45 percent of customers say they’re more likely to visit businesses that respond to their reviewsOnline Reviews Survey
Every year, Google owns the “April Fools Tech Pranks” vertical. They continually create elaborate pranks like the #ChromeSelfie that take the internet by storm, again proving that “Content is King” but with the cherry on top: they didn’t have to create any of it.
User-Generated content is king.
Up until the last decade, businesses often lived by the rule that a bad customer interaction was likely to be shared ten times more often than one positive interaction. This ten-to-one rule dictated customer resolution strategy as well as process improvements.
The widespread use of social media and online review sites has radically changed the rules of the game. No longer can a business gauge the impact of a negative customer experience based on the “tried and true” ten to one rule. Digitalization of media and democratized access to online publications via review aggregators like Yelp, TripAdvisor, Google, Citysearch, YellowPages, and Foursquare has created a completely different ballgame for businesses and services of all types.
Organizations aiming to establish a strong reputation conducive to repeat business as well as customer base growth now need to take this into account. Luckily, this trend has also resulted in an increased likelihood of customers voicing positive opinions and sharing features of their interactions with products and services.

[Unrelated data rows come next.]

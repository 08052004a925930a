-- ===== src/BaseOs/Simulation.antt =====
-- `parse_plan`: the lines that `apt-get -s` prints, and the two regular expressions that read them.
use Prim.Native.Char.{code}
use xaac_thin_client_os.Base.{
  String, Option, none, some, List, [], ◌∷◌, ◌==◌, is_empty, is_space, strip_left, strip_prefix,
  cut, lines, if◌then◌else◌,
}
use xaac_thin_client_os.BaseOs.Plan.{Change, Removal, Plan}

-- `\s+`: what follows the blanks, of which there is one at least
blanks : String → Option String
blanks String.[] = none
blanks (String.◌∷◌ c s) = if is_space c then some (strip_left s) else none

-- `\S*`, greedy, and what follows
word : String → String × String
word String.[] = (String.[], String.[])
word (String.◌∷◌ c s) =
    let (w, rest) = word s in
    if is_space c then (String.[], String.◌∷◌ c s) else (String.◌∷◌ c w, rest)

nonempty_word : String → Option (String × String)
unfolding word
nonempty_word s = if is_empty (word s).0 then none else some (word s)

-- `[^\]]*\]`
to_close : String → Option (String × String)
to_close s = cut b']' s

filled : Option (String × String) → Option (String × String)
filled none = none
filled (some (v, rest)) = if is_empty v then none else some (v, rest)

opened : String → Option (String × String)
unfolding filled to_close
opened String.[] = none
opened (String.◌∷◌ c s) = if code c == b'[' then filled (to_close s) else none

-- `(?:\s+\[([^\]]+)\])?`: where the brackets are not there, nothing is read
version : String → Option String × String
unfolding blanks opened
version s = elim (blanks s) [
  | none ↦ (none, s)
  | some t ↦ elim (opened t) [ none ↦ (none, s) | some (v, rest) ↦ (some v, rest) ]
]

parenthesis : String → Option String
parenthesis String.[] = none
parenthesis (String.◌∷◌ c s) = if code c == b'(' then some s else none

abbrev bind : {A B : Type 0} → Option A → (A → Option B) → Option B
bind none f = none
bind (some a) f = f a

-- `package.split(":", 1)[0]`
abbrev base_of : String → String
base_of package_name = elim (cut b':' package_name) [
  | none ↦ package_name
  | some (base, rest) ↦ base
]

-- `_INST_RE.match(raw)`
unfoldable pub inst_line : String → Option Change
unfolding blanks nonempty_word version parenthesis
inst_line raw = bind (strip_prefix "Inst" raw) λ s. bind (blanks s) λ t. bind (nonempty_word t) λ p.
    bind (blanks (version p.1).1) λ u. bind (parenthesis u) λ v. bind (nonempty_word v) λ q.
      some (record {
        pkg = p.0;
        base_package = base_of p.0;
        installed = (version p.1).0;
        candidate = q.0;
      })

-- `_REMV_RE.match(raw)`
unfoldable pub remv_line : String → Option Removal
unfolding blanks nonempty_word version
remv_line raw = bind (strip_prefix "Remv" raw) λ s. bind (blanks s) λ t.
    bind (nonempty_word t)
      λ p. some (record { removed_package = p.0; removed_version = (version p.1).0 })

abbrev with_change : Change → Plan → Plan
with_change c p = record p { changes = c ∷ p.changes }

abbrev with_removal : Option Removal → Plan → Plan
with_removal none p = p
with_removal (some r) p = record p { removals = r ∷ p.removals }

unfoldable pub plan_of : List String → Plan
unfolding inst_line remv_line
plan_of [] = record { changes = []; removals = [] }
plan_of (raw ∷ rest) = elim (inst_line raw) [
  | some c ↦ with_change c (plan_of rest)
  | none ↦ with_removal (remv_line raw) (plan_of rest)
]

unfoldable pub parse_plan : String → Plan
unfolding plan_of
parse_plan output = plan_of (lines output)
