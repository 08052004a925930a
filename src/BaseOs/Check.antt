-- ===== src/BaseOs/Check.antt =====
-- `check_updates` and `status`: the simulation, its approval and the files that record it.
use xaac_thin_client_os.Base.{pos, Bool, true, false, not, String, List, [], ◌∷◌, ◌==◌}
use xaac_thin_client_os.Json.{
  Json, Fields, Items, null, bool, num, text, arr, obj, nil, cons, fields, optional_text,
}
use xaac_thin_client_os.Machine.{
  M, runtime_error, pure, gets, ◌>>=◌, ◌>>◌, raise_if, catch, fresh, exists, is_file, run,
  Completed, load_json, atomic_json,
}
use xaac_thin_client_os.Update.{setting, path_setting}
use xaac_thin_client_os.BaseOs.Runtime.{
  plan_path, reboot_path, audit_line, write_state, os_release, debian_version, architecture,
  value_of,
}
use xaac_thin_client_os.BaseOs.Trust.{validate_sources, report_json}
use xaac_thin_client_os.BaseOs.Checks.{Check, preflight, preflight_json, all_ok}
use xaac_thin_client_os.BaseOs.Plan.{Change, Approval, is_new, validate_plan}
use xaac_thin_client_os.BaseOs.Simulation.{parse_plan}

abbrev pub update_command : List String
update_command = "/usr/bin/apt-get" ∷ "-o" ∷ "APT::Update::Error-Mode=any" ∷ "update" ∷ []

unfoldable pub refresh_indexes : M (Unit {0})
refresh_indexes = do
  result ← run update_command
  raise_if (not (result.returncode == 0)) (runtime_error "apt-get update ha fallat")

abbrev pub simulate_command : List String
simulate_command =
    "/usr/bin/apt-get" ∷ "-s" ∷ "-o" ∷ "Debug::NoLocking=true" ∷ "--no-remove" ∷ "--with-new-pkgs"
    ∷ "upgrade" ∷ []

unfoldable pub simulate : M Completed
simulate = run simulate_command

-- `refresh_indexes() if refresh else …`
unfoldable pub refresh_if : Bool → M (Unit {0})
unfolding refresh_indexes
refresh_if true = refresh_indexes
refresh_if false = pure tt

abbrev stable_change : Change → Json
stable_change c = obj (
    fields (
      ("package", text c.pkg)
      ∷ ("installed", optional_text c.installed)
      ∷ ("candidate", text c.candidate)
      ∷ ("new", bool (is_new c))
      ∷ []))

abbrev pub stable_items : List Change → Items
stable_items [] = nil
stable_items (c ∷ cs) = cons (stable_change c) (stable_items cs)

-- `_plan_fingerprint`
unfoldable pub plan_fingerprint : List Change → M String
plan_fingerprint changes = gets (λ w. w.host.digest (arr (stable_items changes)))

abbrev change_json : Change → Json
change_json c = obj (
    fields (
      ("package", text c.pkg)
      ∷ ("base_package", text c.base_package)
      ∷ ("installed", optional_text c.installed)
      ∷ ("candidate", text c.candidate)
      ∷ ("new", bool (is_new c))
      ∷ []))

abbrev change_items : List Change → Items
change_items [] = nil
change_items (c ∷ cs) = cons (change_json c) (change_items cs)

-- The plan as `check_updates` returns it.
pub record Checked : Type 0 where
  pub approval : Approval
  pub fingerprint : String
  pub checked_at : String
  pub preflight_checks : List Check
  pub refreshed : Bool

abbrev pub plan_json : Checked → Json
plan_json c = obj (
    fields (
      ("status", text c.approval.status)
      ∷ ("phase", text "10.6")
      ∷ ("operation", text "apt-get upgrade --with-new-pkgs --no-remove")
      ∷ ("changed_packages", num (pos c.approval.changed_packages))
      ∷ ("new_packages", num (pos c.approval.new_packages))
      ∷ ("removals", num (pos 0))
      ∷ ("reboot_recommended", bool c.approval.reboot_recommended)
      ∷ ("packages", arr (change_items c.approval.packages))
      ∷ ("checked_at", text c.checked_at)
      ∷ ("fingerprint", text c.fingerprint)
      ∷ ("preflight", preflight_json c.preflight_checks)
      ∷ ("apt_update", obj (fields (("ok", bool true) ∷ [])))
      ∷ []))

-- The state that `check_updates` writes.
abbrev checked_state : Checked → Bool → List (String × Json)
checked_state c reboot =
    ("status", text c.approval.status)
    ∷ ("last_check", text c.checked_at)
    ∷ ("available_packages", num (pos c.approval.changed_packages))
    ∷ ("last_plan_fingerprint", text c.fingerprint)
    ∷ ("reboot_required", bool reboot)
    ∷ ("last_error", null)
    ∷ []

-- A simulation that ends well, read and approved.
unfoldable pub approved_plan : Fields → String → M Approval
approved_plan policy why = do
  simulation ← simulate
  raise_if (not (simulation.returncode == 0)) (runtime_error why)
  validate_plan policy (parse_plan simulation.stdout)

-- The files that record a check.
unfoldable pub record_check : Fields → Checked → M (Unit {0})
record_check policy c = do
  atomic_json plan_path (plan_json c)
  reboot ← exists reboot_path
  write_state policy (checked_state c reboot)
  audit_line policy "base_os_check"

unfoldable pub check_updates : Fields → Bool → M Checked
unfolding refresh_if approved_plan record_check
check_updates policy refresh = do
  pre ← preflight policy
  raise_if (not (all_ok pre)) (runtime_error "El preflight del sistema base ha fallat")
  refresh_if refresh
  approval ← approved_plan policy "La simulació APT ha fallat"
  now ← fresh (λ h. h.now)
  fingerprint ← plan_fingerprint approval.packages
  let checked : Checked = record {
    approval = approval;
    fingerprint = fingerprint;
    checked_at = now;
    preflight_checks = pre;
    refreshed = refresh;
  }
  record_check policy checked
  pure checked

unfoldable pub source_status : Fields → M Json
source_status policy =
    catch (do report ← validate_sources policy; pure (report_json report))
      (λ why. pure (obj (fields (("ok", bool false) ∷ ("error", text why) ∷ []))))

unfoldable pub state_if : String → Bool → M Json
state_if path false = pure null
state_if path true = do state ← load_json path; pure (obj state)

unfoldable pub base_status : Fields → M Json
unfolding source_status state_if
base_status policy = do
  path ← path_setting policy "outputs" "state"
  there ← is_file path
  state ← state_if path there
  sources ← source_status policy
  release ← os_release
  version ← debian_version
  machine ← architecture
  suite ← setting policy "platform" "suite"
  reboot ← exists reboot_path
  pure (
      obj (
        fields (
          ("status", text "ok")
          ∷ ("phase", text "10.6")
          ∷ ("os", optional_text (value_of "PRETTY_NAME" release))
          ∷ ("debian_version", text version)
          ∷ ("architecture", text machine)
          ∷ ("suite", suite)
          ∷ ("apt_operation", text "upgrade --with-new-pkgs")
          ∷ ("automatic_updates", bool false)
          ∷ ("automatic_reboot", bool false)
          ∷ ("full_upgrade_allowed", bool false)
          ∷ ("sources", sources)
          ∷ ("reboot_required", bool reboot)
          ∷ ("state", state)
          ∷ [])))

Opinions, bad and good, are read hundreds, if not thousands, of times! In some industries, the bulk of your traffic, referrals, and first exposure will not be based on a face-to-face interaction or a direct visit into your website. Instead, prospective customers will determine the potential benefits and risks of engaging with your product based on the opinions of others as shared on online media. Amid this radical change in how customer opinion is shared and the reach it can have, enterprise-level businesses face unique challenges when it comes to delivering consistency across multiple business units and using feedback to make changes, both at the local level and enterprise-wide. Here are a few:
Tackle Poor Performers
Protecting the reputation of your brand and taking quick action to correct negative trends is essential. Several studies indicate that one negative experience in a branch of any business unit will result in blanket opinion about the brand, affecting the perception of the impacted customer as well as all other potential customers exposed to the review. Their assumption may be incorrect but it will still affect business. If one unit is bad, all of the other units must be equally poor performing. Fix it and fix it quickly. Time is not on your side in this case.
Revisit Standards and Offerings
For enterprises with centralized purchasing, it is essential to keep track of trends affecting all units. If, for example, after a linen upgrade on pilot locations, a hotel chain begins to notice positive linen-specific reviews it is important to accelerate distribution to all units to standardize the customer experience. On the other hand, if the comments are negative, identifying the trends early will help you revisit strategy and seek out alternatives.
Consider Regional Variances and Cater Accordingly
While brand consistency is key in achieving loyalty and recognition, smart brands remain flexible, agile and willing to adapt their offering to the market. Monitoring online reviews will provide you with unique insights on how to cater to unit-specific needs. Thanks to customer feedback, a well-known restaurant chain was able to identify the need for kosher selections for their Brooklyn unit. Small tweaks aimed at optimizing how you serve a segment will not dilute your brand. Instead, you will be perceived as engaged and customer-focused.
(Check out: “5 Awesome Tips for Improving Customer Engagement”)
Align Your Brand Voice
Responses to customer engagement are incredibly important. As potential customers review your user-generated media, your timeliness in engagement will speak volumes of your brand commitment to quality. If centralizing your responses is not possible, create brand standards to ensure all customers receive the same level of care and brand messaging, as well as ensuring that remedial actions are consistent. Inconsistency on how brands engage with customers across units often results in decreased credibility.
Recording customer perception and placing emphasis on goods or services most valued by past customers will help you make decisions on future offerings. Trend tracking, if done well, will not only help you increase brand loyalty but can also result in significant savings as you prioritize budget allocations.
Leading corporations have thrived in the digital era because of their willingness to leverage business intelligence and apply findings with a deep sense of customer commitment. Failure to listen and act accordingly will, without question, result in negative brand perception. Don’t ignore this important facet of your business.